Russian poet and editor

Mikhail Osipovich Tsetlin (Михаи́л О́сипович Це́тлин, July 10, 1882, Moscow, Russian Empire, — November 10, 1945, New York City, United States) was a Russian poet, dramatist, novelist, memoirist, revolutionary and translator better known under his pen name Amari (Амари). In the late 1918, facing persecution by the Bolsheviks (as a former SR Party activist), Tsetlin left the Soviet Russia for France. In 1923, he founded Okno literary magazine, which published three issues and was later re-established by Tsetlin's distant relative, the poet Anatoly Kudryavitsky as a web-only journal after a lapse of some 83 years. In Paris, Tsetlin's home was open to Russian émigré artists, for whom he often provided. He earned respect as a philanthropist and a literary entrepreneur. In 1940 Tsetlin moved to the USA where he, together with Mark Aldanov, founded Novy Zhurnal (Новый Журнал) magazine in 1942.

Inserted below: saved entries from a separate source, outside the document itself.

-- ===== src/Gc/Safety.antt =====
-- A collection: what can be reached from the roots is not freed.
use lulu.Prelude.{
  ℕ, ◌≢◌, zero, suc, ◌≤◌, ◌≡◌, refl, sym, ap, ◌∙◌, inl, inr, true, false, none, some, [], arith,
  Bool-cases,
}
use mathlib.Core.Path.{subst}
use lulu.Gc.Stale.{Lacks}
use lulu.Gc.{tracing, paused, is_gray, Body, Global, ◌>>=◌, mark_at}
use lulu.Gc.Marking.{lists, has, is_string, seen_at, seen_value, Distinct, Marks}
use lulu.Gc.Blacken.{AllSeen, references}
use lulu.Gc.Bodies.{bind_assoc}
use lulu.Gc.Collect.{
  end_trace, gc_trace_references, gc_remove_intern, gc_sweep, Roots, gc_mark_roots,
  gc_collect_garbage,
}
use lulu.Gc.Tracing.{remaining, IsHeap, IsTracing}
use lulu.Gc.Reach.{
  trace_loop-Finished, Reach, Reach-seen, has_value, all_seen, seen_gray, object_black,
}
use lulu.Gc.Roots.{
  root_values, IsPaused, IsRooted, start_marking, gc_mark_roots-Marks, root_values-two, root_listed,
  start-IsTracing,
}
use lulu.Gc.Sweep.{flatten, is_kept, Passes, gc_remove_intern-Passes, Sweeps, gc_sweep-Passes}

remaining-le : (n : ℕ) (g : Global) → remaining n g ≤ n
remaining-le zero g = omega arith
remaining-le (suc n) g = ground (arith, remaining-le n g)

-- the lists of a heap: each object is in one place, strings in the string table
pub record IsFiled (bodies : ℕ → Body) (g : Global) : Type 0 where
  pub objects : Distinct g.objects
  pub strings : Distinct (flatten g.intern)
  pub no_strings : (a : ℕ) → has g.objects a ≡ true → is_string (bodies a) ≡ false
  pub only_strings : (a : ℕ) → has (flatten g.intern) a ≡ true → is_string (bodies a) ≡ true

-- `v` is an object that was not marked, and nothing but the upvalue `a` may refer to it.
pub record IsHeld (bodies : ℕ → Body) (a v : ℕ) (g : Global) : Type 0 where
  pub white : (mark_at g v).white ≡ true
  pub not_black : (mark_at g v).black ≡ false
  pub not_fixed : (mark_at g v).fixed ≡ false
  pub alone : (x : ℕ) → x ≢ a → Lacks v (references (bodies x))
  pub in_objects : has g.objects v ≡ true
  pub no_string : has (flatten g.intern) v ≡ false

-- the state behind the mark and trace phases
record Marked (bodies : ℕ → Body) (g : Global) (r : Roots) (i : Global) : Type 0 where
  same_lists : lists i ≡ lists g
  traced : IsTracing bodies i
  empty : i.gray ≡ []
  roots : (a : ℕ) → has_value (root_values r) a ≡ true → seen_at i a ≡ true

module _ (bound : ℕ) (bodies : ℕ → Body) (g : Global) (r : Roots) (w : IsHeap bound bodies)
    (p : IsPaused bodies g) (k : IsRooted bodies r) (fuel : ℕ) (enough : bound ≤ fuel) where
  mark_phases :
      (i : Global) × ((gc_mark_roots g r >>= (λ h. gc_trace_references fuel h))
        ≡ some (record i { gray_tail = none }))
      × Marked bodies g r i
  unfolding gc_trace_references end_trace
  mark_phases =
      let m : Marks (start_marking g) (λ h. AllSeen h (root_values r)) (gc_mark_roots g r) =
        gc_mark_roots-Marks bodies g r p w.plain k in
      let (x, y) = root_values-two m.result r m.holds in
      let in_x =
        root_listed bodies g m.result p m.grows m.marking k.registry_at
          (ap (seen_value m.result) (sym k.registry) ∙ x) k.registry_object in
      let in_y =
        root_listed bodies g m.result p m.grows m.marking k.globals_at
          (ap (seen_value m.result) (sym k.globals) ∙ y) k.globals_object in
      let t : IsTracing bodies (record m.result { gc_state = tracing }) =
        start-IsTracing bodies g m.result p m.grows m.marking k.registry_at k.globals_at in_x in_y
          k.differ in
      let (i, ends, f) =
        trace_loop-Finished bound bodies w fuel (record m.result { gc_state = tracing }) t
          (omega (arith, remaining-le bound (record m.result { gc_state = tracing }))) in
      (
        i,
        rw (m.returns, ends) refl,
        record {
          same_lists = f.same_lists ∙ m.grows.same_lists;
          traced = f.traced;
          empty = f.empty;
          roots = λ a v. f.seens a (all_seen bodies m.result (root_values r) a m.holds v);
        },
      )

settled_gray :
    (bodies : ℕ → Body) (g : Global) (a : ℕ)
    → IsTracing bodies g
    → g.gray ≡ []
    → is_string (bodies a) ≡ false
    → is_gray (mark_at g a) ≡ false
settled_gray bodies g a t e n = elim (Bool-cases (is_gray (mark_at g a))) [
  | inl k ↦ absurd (cc (t.listed a k n, ap (λ l. has l a) e))
  | inr n ↦ n
]

-- the strings are swept, then the objects
module _ (bodies : ℕ → Body) (g i : Global) (r : Roots) (m : Marked bodies g r i)
    (v : IsFiled bodies g) where
  abbrev settled : Global
  settled = record i { gray_tail = none }

  strings_at : i.intern ≡ g.intern
  strings_at = ap (λ l. l.1) m.same_lists

  objects_at : i.objects ≡ g.objects
  objects_at = ap (λ l. l.0) m.same_lists

  removed : Passes is_kept (flatten i.intern) settled (gc_remove_intern settled)
  removed =
      gc_remove_intern-Passes settled (subst (λ l. Distinct (flatten l)) (sym strings_at) v.strings)

  not_listed : (a : ℕ) → is_string (bodies a) ≡ false → has (flatten i.intern) a ≡ false
  not_listed a n = elim (Bool-cases (has (flatten i.intern) a)) [
    | inl k ↦ absurd (cc (v.only_strings a (ap (λ l. has (flatten l) a) (sym strings_at) ∙ k), n))
    | inr out ↦ out
  ]

  no_object :
      (a : ℕ) → is_string (bodies a) ≡ true → has (gc_remove_intern settled).objects a ≡ false
  no_object a str = elim (Bool-cases (has (gc_remove_intern settled).objects a)) [
    | inl k ↦
        absurd
          (cc (v.no_strings a (ap (λ l. has l a) (sym (removed.objects ∙ objects_at)) ∙ k), str))
    | inr out ↦ out
  ]

  -- an object that is not a string is not in the table of strings
  object_kept :
      (a : ℕ)
      → is_string (bodies a) ≡ false
      → (mark_at (gc_remove_intern settled) a ≡ mark_at i a)
        × (has (gc_remove_intern settled).freed a ≡ has i.freed a)
  object_kept a n =
      let out : has (flatten i.intern) a ≡ false = not_listed a n in
      (ground (arith, removed.marks a), ground (arith, removed.frees a))

  not_gray :
      (a : ℕ)
      → has (gc_remove_intern settled).objects a ≡ true
      → is_gray (mark_at (gc_remove_intern settled) a) ≡ false
  not_gray a k =
      let n : is_string (bodies a) ≡ false =
        v.no_strings a (ap (λ l. has l a) (sym (removed.objects ∙ objects_at)) ∙ k) in
      ap is_gray (object_kept a n).0 ∙ settled_gray bodies i a m.traced m.empty n

  swept :
      (h : Global) × (gc_sweep (gc_remove_intern settled) ≡ some h)
      × Sweeps (gc_remove_intern settled) h
  swept =
      gc_sweep-Passes (gc_remove_intern settled)
        (subst Distinct (sym (removed.objects ∙ objects_at)) v.objects) not_gray

  freed_at : (a : ℕ) → has i.freed a ≡ has g.freed a
  freed_at a = ap (λ l. has l.2 a) m.same_lists

  string_kept :
      (a : ℕ)
      → seen_at i a ≡ true
      → is_string (bodies a) ≡ true
      → has swept.0.freed a ≡ has g.freed a
  unfolding is_gray
  string_kept a s str =
      let gray : is_gray (mark_at i a) ≡ true =
        seen_gray (mark_at i a) s (m.traced.strings a str) in
      let out : has (gc_remove_intern settled).objects a ≡ false = no_object a str in
      ground (arith, removed.frees a, swept.2.frees a, freed_at a)

  object_stays :
      (a : ℕ)
      → seen_at i a ≡ true
      → is_string (bodies a) ≡ false
      → has swept.0.freed a ≡ has g.freed a
  object_stays a s obj =
      let black : (mark_at i a).black ≡ true = object_black bodies i a m.traced m.empty s obj in
      let (mark, freed) = object_kept a obj in
      ground (arith, ap (λ l. l.black) mark, swept.2.frees a, freed_at a)

  -- a reached string is kept in the table, and a reached object in its list
  seen_kept : (a : ℕ) → seen_at i a ≡ true → has swept.0.freed a ≡ has g.freed a
  seen_kept a s = elim (Bool-cases (is_string (bodies a))) [
    | inl str ↦ string_kept a s str
    | inr obj ↦ object_stays a s obj
  ]

-- At rest, with enough fuel, a collection ends without a failed assertion, and frees no object that
-- can be followed from a root: from the stack, a function that is running, an open upvalue, a
-- metatable of a basic type, the registry or the globals.
pub gc_collect_garbage-Reach :
    (bound fuel : ℕ) (bodies : ℕ → Body) (g : Global) (r : Roots)
    → IsHeap bound bodies
    → IsPaused bodies g
    → IsRooted bodies r
    → IsFiled bodies g
    → bound ≤ fuel
    → (h : Global) × (gc_collect_garbage fuel g r ≡ some h)
      × ((root a : ℕ)
          → has_value (root_values r) root ≡ true
          → Reach bodies root a
          → has h.freed a ≡ has g.freed a)
unfolding gc_collect_garbage
gc_collect_garbage-Reach bound fuel bodies g r w p k v enough =
    let (i, e, m) = mark_phases bound bodies g r w p k fuel enough in
    let (h, f, sweeps) = swept bodies g i r m v in
    (
      record h { gc_state = paused },
      sym (bind_assoc (gc_mark_roots g r) (λ h. gc_trace_references fuel h) _) ∙ rw (e, f) refl,
      λ root a at_root path.
          seen_kept bodies g i r m v a
            (Reach-seen bodies i root a m.traced m.empty (m.roots root at_root) path),
    )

Mikhail Tsetlin (writing under the pseudonym Amari) is the author of five poetry collections (the debut one, published in 1906, was banned in 1912 for having "a revolutionary content"), biographical prose (The Decemberists, 1933; The Five and the Others, 1944; memoirs on Maximilian Voloshin) and numerous translations, e.g. of poems by Percy Bysshe Shelley, Emile Verhaeren, Heinrich Heine, Friedrich Hölderlin, Rainer Maria Rilke, Paul Valéry, Hayim Nahman Bialik, etc.